I'd like to get the following information for each chain of links from this table in a reasonable way:
- Details of the row that started the chain
- Details of the final row in the chain
- Details of the links in-between or at least how many links (total) there are in the chain
...filtered by a date range applied to the last row in the chain.
In an ideal universe, I'd get back something like this:
+−−−−−−−−−+−−−−−−−−+−−−−+−−−−−−−+−−−−−−−−−−−−+ | FirstId | LastId | Id | Links | TStamp | +−−−−−−−−−+−−−−−−−−+−−−−+−−−−−−−+−−−−−−−−−−−−+ | 1 | 11 | 1 | 2 | 2017−01−01 | | 1 | 11 | 11 | 2 | 2017−01−11 | | 2 | 22 | 2 | 3 | 2017−01−02 | | 2 | 22 | 12 | 3 | 2017−01−12 | | 2 | 22 | 22 | 3 | 2017−01−22 | +−−−−−−−−−+−−−−−−−−+−−−−+−−−−−−−+−−−−−−−−−−−−+
So far I have this query, which I could post-process to get the above:
WITH Data AS (
SELECT Id, TStamp, Replaces, ReplacedBy, 0 AS Depth
FROM Thing
UNION ALL
SELECT Thing.Id, Thing.TStamp, Thing.Replaces, Thing.ReplacedBy, Depth + 1
FROM Data
JOIN Thing
ON Thing.Replaces = Data.Id
)
SELECT *
FROM Data
WHERE ReplacedBy IS NOT NULL OR Depth > 0
ORDER BY
Id, Depth;
That gives me:
+−−−−+−−−−−−−−−−−−+−−−−−−−−−−+−−−−−−−−−−−−+−−−−−−−+ | Id | TStamp | Replaces | ReplacedBy | Depth | +−−−−+−−−−−−−−−−−−+−−−−−−−−−−+−−−−−−−−−−−−+−−−−−−−+ | 1 | 2017−01−01 | NULL | 11 | 0 | | 2 | 2017−01−02 | NULL | 12 | 0 | | 11 | 2017−01−11 | 1 | NULL | 1 | | 12 | 2017−01−12 | 2 | 12 | 0 | | 12 | 2017−01−12 | 2 | 12 | 1 | | 22 | 2017−01−13 | 12 | NULL | 1 | | 22 | 2017−01−13 | 12 | NULL | 2 | +−−−−+−−−−−−−−−−−−+−−−−−−−−−−+−−−−−−−−−−−−+−−−−−−−+
And I could use something like this to figure out (for instance) the final row of each chain:
WITH Data AS (
SELECT Id, Replaces, ReplacedBy, 0 AS Depth
FROM Thing
UNION ALL
SELECT Thing.Id, Thing.Replaces, Thing.ReplacedBy, Depth + 1
FROM Data
JOIN Thing
ON Thing.Replaces = Data.Id
),
MaxData AS (
SELECT Data.Id, Data.Depth
FROM Data
JOIN (
SELECT Id, MAX(Depth) AS MaxDepth
FROM Data
GROUP BY Id
) j ON data.Id = j.Id AND Data.Depth = j.MaxDepth
WHERE Depth > 0
)
SELECT *
FROM MaxData
ORDER BY
Id;
...which gives me:
+−−−−+−−−−−−−+ | Id | Depth | +−−−−+−−−−−−−+ | 11 | 1 | | 12 | 1 | | 22 | 2 | +−−−−+−−−−−−−+
...but I've lost the starting point and the points along the way.

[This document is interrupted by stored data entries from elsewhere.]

-- ===== src/Logger.antt =====
-- The logger (log.go): which calls of Go's package `log` it makes.
pub mod Levels
use win_perf_counters.Prelude.{Bool, true, false, not, List, [], ◌∷◌, ◌++◌, if◌then◌else◌}
use win_perf_counters.Text.{Text, codes}

-- `Logger`
pub record Logger : Type 0 where
  pub name : Text
  pub quiet : Bool

-- `log.Printf(format, args…)` and `log.Print(args…)`; an argument is an `interface{}`.
pub data LogCall (A : Type 0) : Type 0 where
  printf : Text → List A → LogCall A
  print : List A → LogCall A

-- The methods of a logger, with what they are called with.
pub data Message (A : Type 0) : Type 0 where
  errorf warnf infof debugf tracef : Text → List A → Message A
  error warn info debug trace : List A → Message A

module _ {A : Type 0} (of_text : Text → A) (l : Logger) where
  abbrev formatted : Text → Text → List A → List (LogCall A)
  formatted level format args = printf (level ++ (l.name ++ (codes "] " ++ format))) args ∷ []

  abbrev plain : Text → List A → List (LogCall A)
  plain level args = print (of_text (level ++ (l.name ++ codes "] ")) ∷ args) ∷ []

  abbrev unless_quiet : List (LogCall A) → List (LogCall A)
  unless_quiet calls = if not l.quiet then calls else []

  -- `Errorf`, `Warnf`, `Infof`, `Debugf`, `Tracef`; `Error`, `Warn`, `Info`, `Debug`, `Trace`.
  unfoldable pub log_message : Message A → List (LogCall A)
  log_message (errorf format args) = formatted (codes "[ERROR] [") format args
  log_message (error args) = plain (codes "[ERROR] [") args
  log_message (warnf format args) = formatted (codes "[WARN] [") format args
  log_message (warn args) = plain (codes "[WARN] [") args
  log_message (infof format args) = unless_quiet (formatted (codes "[INFO] [") format args)
  log_message (info args) = unless_quiet (plain (codes "[INFO] [") args)
  log_message (debugf format args) = unless_quiet (formatted (codes "[DEBUG] [") format args)
  log_message (debug args) = unless_quiet (plain (codes "[DEBUG] [") args)
  log_message (tracef format args) = unless_quiet (formatted (codes "[TRACE] [") format args)
  log_message (trace args) = unless_quiet (plain (codes "[TRACE] [") args)

  -- One after the other.
  unfoldable pub log_all : List (Message A) → List (LogCall A)
  unfolding log_message
  log_all [] = []
  log_all (m ∷ ms) = log_message m ++ log_all ms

I have the strong feeling I'm missing something really straight-forward — but clever — that would let me get this largely with the query rather than post-processing, some kind of join with a "min" and "max" query (but not like my one above). What would it be?
The table doesn't have any indexes on Replaces or ReplacedBy, but we could add any needed. The table is only lightly used (roughly 300k rows and probably only a couple of hundred updates/inserts a day).
I'm limited to SQL Server 2008 features.